> _Material provided_
☆ ☆ ☆ ☆ ☆

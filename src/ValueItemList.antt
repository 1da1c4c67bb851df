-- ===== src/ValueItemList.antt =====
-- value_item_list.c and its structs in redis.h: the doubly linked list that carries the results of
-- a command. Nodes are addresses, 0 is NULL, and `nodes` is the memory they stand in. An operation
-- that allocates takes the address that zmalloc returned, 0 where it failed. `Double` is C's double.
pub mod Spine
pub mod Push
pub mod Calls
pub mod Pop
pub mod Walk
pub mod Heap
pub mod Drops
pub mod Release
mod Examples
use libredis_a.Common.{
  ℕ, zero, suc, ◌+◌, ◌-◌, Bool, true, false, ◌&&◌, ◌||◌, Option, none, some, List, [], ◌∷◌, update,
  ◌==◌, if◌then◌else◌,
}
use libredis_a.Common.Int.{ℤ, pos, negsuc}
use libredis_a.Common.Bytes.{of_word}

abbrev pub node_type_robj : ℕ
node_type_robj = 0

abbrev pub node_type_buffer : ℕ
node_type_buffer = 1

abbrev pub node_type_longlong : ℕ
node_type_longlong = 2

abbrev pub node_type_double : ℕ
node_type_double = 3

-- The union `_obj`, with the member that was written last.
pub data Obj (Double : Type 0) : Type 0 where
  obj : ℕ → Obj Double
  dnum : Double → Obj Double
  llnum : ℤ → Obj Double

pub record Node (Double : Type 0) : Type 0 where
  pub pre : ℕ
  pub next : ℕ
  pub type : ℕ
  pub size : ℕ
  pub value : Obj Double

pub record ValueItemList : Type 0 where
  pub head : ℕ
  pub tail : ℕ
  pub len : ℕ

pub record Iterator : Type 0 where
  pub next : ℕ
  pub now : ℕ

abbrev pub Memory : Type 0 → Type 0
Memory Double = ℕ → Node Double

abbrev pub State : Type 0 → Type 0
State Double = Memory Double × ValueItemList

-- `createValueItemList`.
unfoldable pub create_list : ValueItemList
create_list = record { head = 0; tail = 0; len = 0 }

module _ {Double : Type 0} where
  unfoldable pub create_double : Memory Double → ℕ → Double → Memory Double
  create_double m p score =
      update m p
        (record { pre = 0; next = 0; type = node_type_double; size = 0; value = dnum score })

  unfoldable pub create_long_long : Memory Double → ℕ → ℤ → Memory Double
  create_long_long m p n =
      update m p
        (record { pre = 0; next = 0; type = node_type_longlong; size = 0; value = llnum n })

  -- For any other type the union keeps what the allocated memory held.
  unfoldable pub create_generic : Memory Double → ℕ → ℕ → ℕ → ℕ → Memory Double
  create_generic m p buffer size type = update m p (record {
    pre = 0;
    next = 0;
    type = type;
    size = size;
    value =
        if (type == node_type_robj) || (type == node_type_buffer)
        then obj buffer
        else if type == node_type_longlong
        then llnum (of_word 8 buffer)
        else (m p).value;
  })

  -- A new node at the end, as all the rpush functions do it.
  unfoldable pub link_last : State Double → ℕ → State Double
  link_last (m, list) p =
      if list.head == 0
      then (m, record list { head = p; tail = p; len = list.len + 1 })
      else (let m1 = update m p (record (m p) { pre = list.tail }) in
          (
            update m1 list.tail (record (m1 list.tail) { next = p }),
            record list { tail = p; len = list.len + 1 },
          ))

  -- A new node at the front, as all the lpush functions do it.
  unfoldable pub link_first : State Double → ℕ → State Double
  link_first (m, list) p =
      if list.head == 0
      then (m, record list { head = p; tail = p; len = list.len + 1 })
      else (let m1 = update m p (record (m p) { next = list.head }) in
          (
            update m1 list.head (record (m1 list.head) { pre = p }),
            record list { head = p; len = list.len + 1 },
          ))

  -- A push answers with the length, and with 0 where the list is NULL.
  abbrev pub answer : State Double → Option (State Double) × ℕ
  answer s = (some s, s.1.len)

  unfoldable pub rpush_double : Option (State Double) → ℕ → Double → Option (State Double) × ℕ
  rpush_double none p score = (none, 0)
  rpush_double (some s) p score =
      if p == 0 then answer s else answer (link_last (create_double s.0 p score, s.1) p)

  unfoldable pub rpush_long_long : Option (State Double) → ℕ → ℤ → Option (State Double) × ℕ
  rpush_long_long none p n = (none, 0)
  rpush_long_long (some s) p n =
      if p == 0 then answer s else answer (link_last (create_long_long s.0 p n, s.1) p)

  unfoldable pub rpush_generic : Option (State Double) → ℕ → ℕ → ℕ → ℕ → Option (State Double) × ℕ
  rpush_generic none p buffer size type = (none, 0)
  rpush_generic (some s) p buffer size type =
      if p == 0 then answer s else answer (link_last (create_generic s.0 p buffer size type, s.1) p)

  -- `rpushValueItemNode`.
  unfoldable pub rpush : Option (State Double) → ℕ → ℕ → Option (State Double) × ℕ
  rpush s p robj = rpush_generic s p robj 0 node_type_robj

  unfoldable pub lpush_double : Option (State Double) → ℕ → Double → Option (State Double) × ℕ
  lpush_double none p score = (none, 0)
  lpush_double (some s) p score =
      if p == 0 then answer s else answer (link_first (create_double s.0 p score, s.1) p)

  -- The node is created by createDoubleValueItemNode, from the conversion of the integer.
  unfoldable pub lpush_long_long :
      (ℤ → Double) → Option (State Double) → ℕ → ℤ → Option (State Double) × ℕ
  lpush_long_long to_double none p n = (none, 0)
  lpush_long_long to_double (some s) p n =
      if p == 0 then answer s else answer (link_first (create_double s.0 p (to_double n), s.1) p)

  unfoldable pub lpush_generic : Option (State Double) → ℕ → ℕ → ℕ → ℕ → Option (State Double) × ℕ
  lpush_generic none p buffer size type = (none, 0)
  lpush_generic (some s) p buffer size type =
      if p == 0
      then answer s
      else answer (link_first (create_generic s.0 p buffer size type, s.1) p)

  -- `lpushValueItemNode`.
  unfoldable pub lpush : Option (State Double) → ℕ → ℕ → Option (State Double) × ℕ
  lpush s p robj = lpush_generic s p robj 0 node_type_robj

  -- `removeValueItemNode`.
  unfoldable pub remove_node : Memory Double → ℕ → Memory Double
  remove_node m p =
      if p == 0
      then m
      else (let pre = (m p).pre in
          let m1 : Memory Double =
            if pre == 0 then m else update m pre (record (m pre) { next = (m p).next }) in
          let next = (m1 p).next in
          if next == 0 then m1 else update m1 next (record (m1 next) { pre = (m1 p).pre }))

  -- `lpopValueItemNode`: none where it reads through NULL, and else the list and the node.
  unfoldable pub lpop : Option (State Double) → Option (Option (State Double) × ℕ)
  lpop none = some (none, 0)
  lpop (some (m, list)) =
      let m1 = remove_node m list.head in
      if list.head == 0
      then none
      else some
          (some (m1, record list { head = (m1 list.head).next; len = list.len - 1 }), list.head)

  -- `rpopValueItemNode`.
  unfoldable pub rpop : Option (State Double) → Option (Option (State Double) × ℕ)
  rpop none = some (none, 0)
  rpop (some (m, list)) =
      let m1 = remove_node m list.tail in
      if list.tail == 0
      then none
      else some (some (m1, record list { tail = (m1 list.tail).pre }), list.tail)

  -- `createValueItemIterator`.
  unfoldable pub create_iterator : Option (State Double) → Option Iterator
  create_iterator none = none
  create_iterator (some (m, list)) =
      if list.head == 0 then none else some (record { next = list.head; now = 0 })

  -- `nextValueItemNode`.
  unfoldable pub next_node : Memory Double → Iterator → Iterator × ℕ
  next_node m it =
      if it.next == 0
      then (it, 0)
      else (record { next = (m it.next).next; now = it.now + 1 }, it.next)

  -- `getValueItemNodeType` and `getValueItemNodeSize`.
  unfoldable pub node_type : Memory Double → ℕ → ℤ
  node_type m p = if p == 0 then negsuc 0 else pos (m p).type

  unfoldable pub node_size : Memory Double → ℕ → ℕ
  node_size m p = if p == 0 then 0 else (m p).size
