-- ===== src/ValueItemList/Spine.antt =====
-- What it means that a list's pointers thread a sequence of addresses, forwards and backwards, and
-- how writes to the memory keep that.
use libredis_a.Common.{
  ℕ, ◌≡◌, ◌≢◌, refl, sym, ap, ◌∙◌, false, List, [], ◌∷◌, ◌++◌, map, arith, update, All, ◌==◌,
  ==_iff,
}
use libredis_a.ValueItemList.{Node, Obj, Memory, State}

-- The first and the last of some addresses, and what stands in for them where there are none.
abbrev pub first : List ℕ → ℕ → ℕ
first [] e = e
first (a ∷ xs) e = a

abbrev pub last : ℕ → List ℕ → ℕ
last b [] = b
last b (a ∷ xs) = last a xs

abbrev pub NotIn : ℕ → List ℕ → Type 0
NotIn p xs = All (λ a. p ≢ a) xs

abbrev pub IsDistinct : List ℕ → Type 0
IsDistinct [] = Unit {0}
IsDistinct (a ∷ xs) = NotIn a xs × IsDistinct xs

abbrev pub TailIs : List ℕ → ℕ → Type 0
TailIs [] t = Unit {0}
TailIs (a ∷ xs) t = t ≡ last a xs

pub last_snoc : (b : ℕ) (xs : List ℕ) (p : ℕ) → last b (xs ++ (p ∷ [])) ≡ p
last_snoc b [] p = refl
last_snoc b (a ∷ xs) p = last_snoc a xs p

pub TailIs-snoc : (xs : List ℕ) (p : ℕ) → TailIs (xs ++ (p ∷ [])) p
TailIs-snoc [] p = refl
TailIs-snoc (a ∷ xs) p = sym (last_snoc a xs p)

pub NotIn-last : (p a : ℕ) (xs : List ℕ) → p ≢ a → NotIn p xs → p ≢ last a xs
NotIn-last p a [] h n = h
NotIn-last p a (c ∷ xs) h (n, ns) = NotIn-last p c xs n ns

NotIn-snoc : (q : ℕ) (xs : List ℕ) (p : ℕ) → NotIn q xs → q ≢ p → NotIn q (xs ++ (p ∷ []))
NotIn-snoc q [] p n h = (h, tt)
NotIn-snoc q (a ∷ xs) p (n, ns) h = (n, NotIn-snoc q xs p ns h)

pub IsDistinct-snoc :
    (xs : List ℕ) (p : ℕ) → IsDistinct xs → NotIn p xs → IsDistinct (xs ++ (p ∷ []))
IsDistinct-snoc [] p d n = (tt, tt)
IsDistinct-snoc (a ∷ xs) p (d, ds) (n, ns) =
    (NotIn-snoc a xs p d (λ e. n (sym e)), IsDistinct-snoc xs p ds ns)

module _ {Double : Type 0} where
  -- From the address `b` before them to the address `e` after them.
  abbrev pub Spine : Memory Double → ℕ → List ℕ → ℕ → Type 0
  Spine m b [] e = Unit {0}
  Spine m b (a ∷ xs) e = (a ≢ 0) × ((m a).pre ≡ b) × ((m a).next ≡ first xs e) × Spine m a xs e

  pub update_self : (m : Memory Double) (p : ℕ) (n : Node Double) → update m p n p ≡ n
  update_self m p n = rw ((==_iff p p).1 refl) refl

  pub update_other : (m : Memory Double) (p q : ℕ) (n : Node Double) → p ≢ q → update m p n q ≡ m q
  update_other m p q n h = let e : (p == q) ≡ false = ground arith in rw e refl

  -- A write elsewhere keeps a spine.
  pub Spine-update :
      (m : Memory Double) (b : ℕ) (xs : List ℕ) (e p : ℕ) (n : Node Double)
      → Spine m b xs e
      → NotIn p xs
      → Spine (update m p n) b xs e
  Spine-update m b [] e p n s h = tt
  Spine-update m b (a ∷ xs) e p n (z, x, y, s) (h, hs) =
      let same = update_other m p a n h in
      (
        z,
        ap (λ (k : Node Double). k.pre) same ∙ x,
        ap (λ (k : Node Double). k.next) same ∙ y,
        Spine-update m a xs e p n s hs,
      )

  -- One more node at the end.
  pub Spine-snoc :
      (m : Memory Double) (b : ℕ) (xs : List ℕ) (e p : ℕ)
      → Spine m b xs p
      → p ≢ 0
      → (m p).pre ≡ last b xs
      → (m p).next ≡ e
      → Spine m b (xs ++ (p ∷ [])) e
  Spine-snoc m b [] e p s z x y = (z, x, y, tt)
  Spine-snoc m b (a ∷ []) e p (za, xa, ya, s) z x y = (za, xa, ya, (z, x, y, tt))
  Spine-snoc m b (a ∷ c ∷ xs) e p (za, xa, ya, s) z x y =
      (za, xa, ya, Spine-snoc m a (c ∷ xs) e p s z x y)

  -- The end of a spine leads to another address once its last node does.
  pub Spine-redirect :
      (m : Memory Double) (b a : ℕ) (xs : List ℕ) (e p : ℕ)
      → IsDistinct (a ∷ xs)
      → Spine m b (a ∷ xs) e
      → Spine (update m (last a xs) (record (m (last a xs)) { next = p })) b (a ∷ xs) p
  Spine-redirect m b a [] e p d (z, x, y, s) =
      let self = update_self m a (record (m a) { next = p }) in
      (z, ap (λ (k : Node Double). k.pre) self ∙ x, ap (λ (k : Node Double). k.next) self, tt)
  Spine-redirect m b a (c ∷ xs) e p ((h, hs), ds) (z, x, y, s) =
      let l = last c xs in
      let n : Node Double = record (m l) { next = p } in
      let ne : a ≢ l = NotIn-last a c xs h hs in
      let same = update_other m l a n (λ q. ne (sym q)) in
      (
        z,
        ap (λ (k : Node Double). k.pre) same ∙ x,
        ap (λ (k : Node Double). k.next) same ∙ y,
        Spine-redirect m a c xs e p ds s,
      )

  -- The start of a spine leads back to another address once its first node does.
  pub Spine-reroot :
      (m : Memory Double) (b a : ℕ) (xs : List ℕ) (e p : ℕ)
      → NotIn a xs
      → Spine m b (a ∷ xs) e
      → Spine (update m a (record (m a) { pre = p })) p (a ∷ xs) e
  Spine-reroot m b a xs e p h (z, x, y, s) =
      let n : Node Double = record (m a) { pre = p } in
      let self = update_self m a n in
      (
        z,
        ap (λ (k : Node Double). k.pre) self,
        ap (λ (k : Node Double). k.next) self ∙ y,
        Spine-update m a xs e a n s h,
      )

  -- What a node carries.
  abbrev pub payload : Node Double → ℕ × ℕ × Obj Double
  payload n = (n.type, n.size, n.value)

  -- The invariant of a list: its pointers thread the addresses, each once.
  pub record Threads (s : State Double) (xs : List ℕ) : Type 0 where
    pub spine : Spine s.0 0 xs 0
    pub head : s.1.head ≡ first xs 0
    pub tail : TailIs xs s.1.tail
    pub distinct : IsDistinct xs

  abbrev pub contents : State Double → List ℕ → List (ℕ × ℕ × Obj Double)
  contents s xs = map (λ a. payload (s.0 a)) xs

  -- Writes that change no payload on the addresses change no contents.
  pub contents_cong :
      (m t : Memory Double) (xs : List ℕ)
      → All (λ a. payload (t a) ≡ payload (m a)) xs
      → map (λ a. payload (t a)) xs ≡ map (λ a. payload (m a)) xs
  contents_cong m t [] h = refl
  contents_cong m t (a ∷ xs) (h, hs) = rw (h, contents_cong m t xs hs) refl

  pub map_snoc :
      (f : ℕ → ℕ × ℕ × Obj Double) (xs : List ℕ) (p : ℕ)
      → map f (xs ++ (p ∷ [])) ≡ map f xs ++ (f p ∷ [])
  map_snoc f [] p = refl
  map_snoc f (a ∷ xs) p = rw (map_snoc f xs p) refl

☆ ☆ ☆ ☆ ☆

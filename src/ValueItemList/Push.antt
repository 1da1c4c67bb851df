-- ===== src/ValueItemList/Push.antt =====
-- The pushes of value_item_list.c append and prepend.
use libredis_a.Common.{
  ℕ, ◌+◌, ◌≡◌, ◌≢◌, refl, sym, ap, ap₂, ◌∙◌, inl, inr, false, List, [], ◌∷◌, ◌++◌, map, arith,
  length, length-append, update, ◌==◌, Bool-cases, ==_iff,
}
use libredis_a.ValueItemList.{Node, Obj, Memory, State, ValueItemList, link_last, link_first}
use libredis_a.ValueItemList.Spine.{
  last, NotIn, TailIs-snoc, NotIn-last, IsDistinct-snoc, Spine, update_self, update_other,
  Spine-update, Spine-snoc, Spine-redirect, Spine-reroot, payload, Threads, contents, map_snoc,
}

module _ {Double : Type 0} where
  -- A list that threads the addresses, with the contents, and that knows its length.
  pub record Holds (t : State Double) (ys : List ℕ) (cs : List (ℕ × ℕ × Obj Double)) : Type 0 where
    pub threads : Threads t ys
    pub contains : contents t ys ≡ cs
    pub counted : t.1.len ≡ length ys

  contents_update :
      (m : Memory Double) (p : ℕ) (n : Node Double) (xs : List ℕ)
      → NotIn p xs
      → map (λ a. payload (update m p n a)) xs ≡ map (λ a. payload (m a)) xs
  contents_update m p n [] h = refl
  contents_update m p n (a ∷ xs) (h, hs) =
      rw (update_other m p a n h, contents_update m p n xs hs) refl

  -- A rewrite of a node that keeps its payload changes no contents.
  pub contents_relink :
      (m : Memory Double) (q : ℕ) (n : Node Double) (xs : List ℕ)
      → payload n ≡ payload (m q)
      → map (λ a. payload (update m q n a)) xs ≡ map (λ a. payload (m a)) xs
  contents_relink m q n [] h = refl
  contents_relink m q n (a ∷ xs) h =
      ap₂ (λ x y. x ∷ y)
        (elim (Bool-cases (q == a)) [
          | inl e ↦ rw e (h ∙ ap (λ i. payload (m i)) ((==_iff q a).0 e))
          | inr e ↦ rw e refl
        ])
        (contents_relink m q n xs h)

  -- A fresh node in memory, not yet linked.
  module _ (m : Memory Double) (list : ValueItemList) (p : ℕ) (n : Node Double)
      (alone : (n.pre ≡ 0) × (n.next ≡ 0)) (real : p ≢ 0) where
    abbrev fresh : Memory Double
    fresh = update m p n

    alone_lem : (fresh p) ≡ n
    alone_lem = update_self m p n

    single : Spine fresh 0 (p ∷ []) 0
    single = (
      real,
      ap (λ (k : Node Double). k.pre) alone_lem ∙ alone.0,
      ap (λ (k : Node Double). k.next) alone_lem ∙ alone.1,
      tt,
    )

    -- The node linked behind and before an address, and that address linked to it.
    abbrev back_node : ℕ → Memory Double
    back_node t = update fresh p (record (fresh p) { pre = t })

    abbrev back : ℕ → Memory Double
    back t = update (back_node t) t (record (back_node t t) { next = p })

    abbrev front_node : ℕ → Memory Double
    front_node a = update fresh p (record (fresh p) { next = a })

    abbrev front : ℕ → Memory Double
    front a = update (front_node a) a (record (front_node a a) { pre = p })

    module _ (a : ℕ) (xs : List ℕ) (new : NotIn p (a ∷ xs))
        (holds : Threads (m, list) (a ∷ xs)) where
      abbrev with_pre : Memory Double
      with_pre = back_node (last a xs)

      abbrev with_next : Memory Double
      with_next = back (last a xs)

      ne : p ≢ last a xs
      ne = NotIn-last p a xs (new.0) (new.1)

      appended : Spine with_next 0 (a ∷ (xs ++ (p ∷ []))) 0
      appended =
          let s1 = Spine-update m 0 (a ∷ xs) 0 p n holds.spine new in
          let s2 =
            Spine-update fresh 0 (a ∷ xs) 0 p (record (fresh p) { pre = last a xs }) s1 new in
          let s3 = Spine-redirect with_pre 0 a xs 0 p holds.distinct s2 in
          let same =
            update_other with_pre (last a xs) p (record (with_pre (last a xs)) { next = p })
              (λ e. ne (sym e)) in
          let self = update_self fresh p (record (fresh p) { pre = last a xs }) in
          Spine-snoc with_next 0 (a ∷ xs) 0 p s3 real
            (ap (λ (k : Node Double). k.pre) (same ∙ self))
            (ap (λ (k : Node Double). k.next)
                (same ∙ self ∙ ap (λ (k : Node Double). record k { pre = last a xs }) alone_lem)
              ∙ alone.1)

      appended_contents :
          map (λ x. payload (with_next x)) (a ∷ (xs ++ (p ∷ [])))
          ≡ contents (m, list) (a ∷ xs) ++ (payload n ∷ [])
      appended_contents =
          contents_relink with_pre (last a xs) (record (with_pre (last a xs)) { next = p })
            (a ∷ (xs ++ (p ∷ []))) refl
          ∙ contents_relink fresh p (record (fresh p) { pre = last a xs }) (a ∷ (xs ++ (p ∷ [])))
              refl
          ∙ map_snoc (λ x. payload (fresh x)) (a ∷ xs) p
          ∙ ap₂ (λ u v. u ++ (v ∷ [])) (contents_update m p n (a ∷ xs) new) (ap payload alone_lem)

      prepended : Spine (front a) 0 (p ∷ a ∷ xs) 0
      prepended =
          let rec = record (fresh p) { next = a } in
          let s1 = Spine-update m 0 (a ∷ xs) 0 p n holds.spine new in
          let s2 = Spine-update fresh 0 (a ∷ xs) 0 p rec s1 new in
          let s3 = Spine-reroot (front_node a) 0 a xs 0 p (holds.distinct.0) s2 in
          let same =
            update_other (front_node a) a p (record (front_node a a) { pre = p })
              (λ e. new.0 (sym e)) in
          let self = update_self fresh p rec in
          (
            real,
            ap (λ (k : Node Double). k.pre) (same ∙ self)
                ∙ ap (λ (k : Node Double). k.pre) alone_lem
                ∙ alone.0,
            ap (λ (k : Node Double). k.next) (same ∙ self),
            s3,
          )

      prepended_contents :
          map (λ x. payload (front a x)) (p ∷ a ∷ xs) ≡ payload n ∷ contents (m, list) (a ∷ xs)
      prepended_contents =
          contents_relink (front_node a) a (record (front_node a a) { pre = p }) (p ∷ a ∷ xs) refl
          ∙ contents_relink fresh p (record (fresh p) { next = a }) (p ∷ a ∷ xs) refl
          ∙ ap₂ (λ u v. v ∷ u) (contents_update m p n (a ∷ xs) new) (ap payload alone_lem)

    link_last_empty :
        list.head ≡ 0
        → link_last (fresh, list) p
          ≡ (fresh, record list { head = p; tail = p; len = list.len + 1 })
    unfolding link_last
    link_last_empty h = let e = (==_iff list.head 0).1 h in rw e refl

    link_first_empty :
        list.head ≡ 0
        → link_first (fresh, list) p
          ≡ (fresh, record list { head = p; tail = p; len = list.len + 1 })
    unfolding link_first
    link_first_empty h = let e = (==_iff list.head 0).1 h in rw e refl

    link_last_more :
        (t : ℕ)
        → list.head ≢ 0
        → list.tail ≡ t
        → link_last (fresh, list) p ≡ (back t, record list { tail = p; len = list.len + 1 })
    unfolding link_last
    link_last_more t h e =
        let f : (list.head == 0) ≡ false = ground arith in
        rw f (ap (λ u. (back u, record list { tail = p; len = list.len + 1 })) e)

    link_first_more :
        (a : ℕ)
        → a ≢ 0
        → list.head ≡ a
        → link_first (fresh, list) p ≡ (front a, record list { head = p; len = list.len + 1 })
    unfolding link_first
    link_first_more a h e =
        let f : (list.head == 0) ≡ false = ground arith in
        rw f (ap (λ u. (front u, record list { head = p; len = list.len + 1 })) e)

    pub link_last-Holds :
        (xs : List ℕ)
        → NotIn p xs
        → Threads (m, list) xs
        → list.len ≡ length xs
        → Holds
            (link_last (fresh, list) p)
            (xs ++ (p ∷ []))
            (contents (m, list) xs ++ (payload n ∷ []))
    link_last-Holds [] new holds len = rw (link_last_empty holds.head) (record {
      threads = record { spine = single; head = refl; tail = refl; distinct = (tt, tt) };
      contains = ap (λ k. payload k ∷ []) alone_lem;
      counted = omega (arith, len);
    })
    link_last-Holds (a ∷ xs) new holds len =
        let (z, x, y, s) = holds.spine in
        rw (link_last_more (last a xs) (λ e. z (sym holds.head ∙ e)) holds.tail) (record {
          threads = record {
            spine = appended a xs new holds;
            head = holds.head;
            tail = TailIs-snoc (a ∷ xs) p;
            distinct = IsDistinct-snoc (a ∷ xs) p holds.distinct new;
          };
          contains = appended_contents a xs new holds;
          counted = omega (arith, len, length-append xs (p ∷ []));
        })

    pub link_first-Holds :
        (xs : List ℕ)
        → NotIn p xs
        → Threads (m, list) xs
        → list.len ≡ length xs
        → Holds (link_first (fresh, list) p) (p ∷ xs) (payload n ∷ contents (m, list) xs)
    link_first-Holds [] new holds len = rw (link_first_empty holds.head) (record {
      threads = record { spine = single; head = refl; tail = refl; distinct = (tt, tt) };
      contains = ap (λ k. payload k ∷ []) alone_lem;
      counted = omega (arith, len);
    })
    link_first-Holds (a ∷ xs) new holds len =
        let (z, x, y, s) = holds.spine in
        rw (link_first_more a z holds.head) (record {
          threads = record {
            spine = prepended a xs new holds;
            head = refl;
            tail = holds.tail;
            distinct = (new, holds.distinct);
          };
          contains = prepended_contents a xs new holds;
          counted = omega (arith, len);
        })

☆ ☆ ☆ ☆ ☆

> _What this task involves_
Working from the material above, retype exactly the lines from the one with "filename src/ValueItemList.antt" through the one with "-- The union", both included, and only those lines.

> _Answer area_
filename src/ValueItemList.antt
repository 1da1c4c67bb851df
-- ===== src/ValueItemList.antt =====
-- value_item_list.c and its structs in redis.h: the doubly linked list that carries the results of
-- a command. Nodes are addresses, 0 is NULL, and `nodes` is the memory they stand in. An operation
-- that allocates takes the address that zmalloc returned, 0 where it failed. `Double` is C's double.
pub mod Spine
pub mod Push
pub mod Calls
pub mod Pop
pub mod Walk
pub mod Heap
pub mod Drops
pub mod Release
mod Examples
use libredis_a.Common.{
  ℕ, zero, suc, ◌+◌, ◌-◌, Bool, true, false, ◌&&◌, ◌||◌, Option, none, some, List, [], ◌∷◌, update,
  ◌==◌, if◌then◌else◌,
}
use libredis_a.Common.Int.{ℤ, pos, negsuc}
use libredis_a.Common.Bytes.{of_word}

abbrev pub node_type_robj : ℕ
node_type_robj = 0

abbrev pub node_type_buffer : ℕ
node_type_buffer = 1

abbrev pub node_type_longlong : ℕ
node_type_longlong = 2

abbrev pub node_type_double : ℕ
node_type_double = 3

-- The union `_obj`, with the member that was written last.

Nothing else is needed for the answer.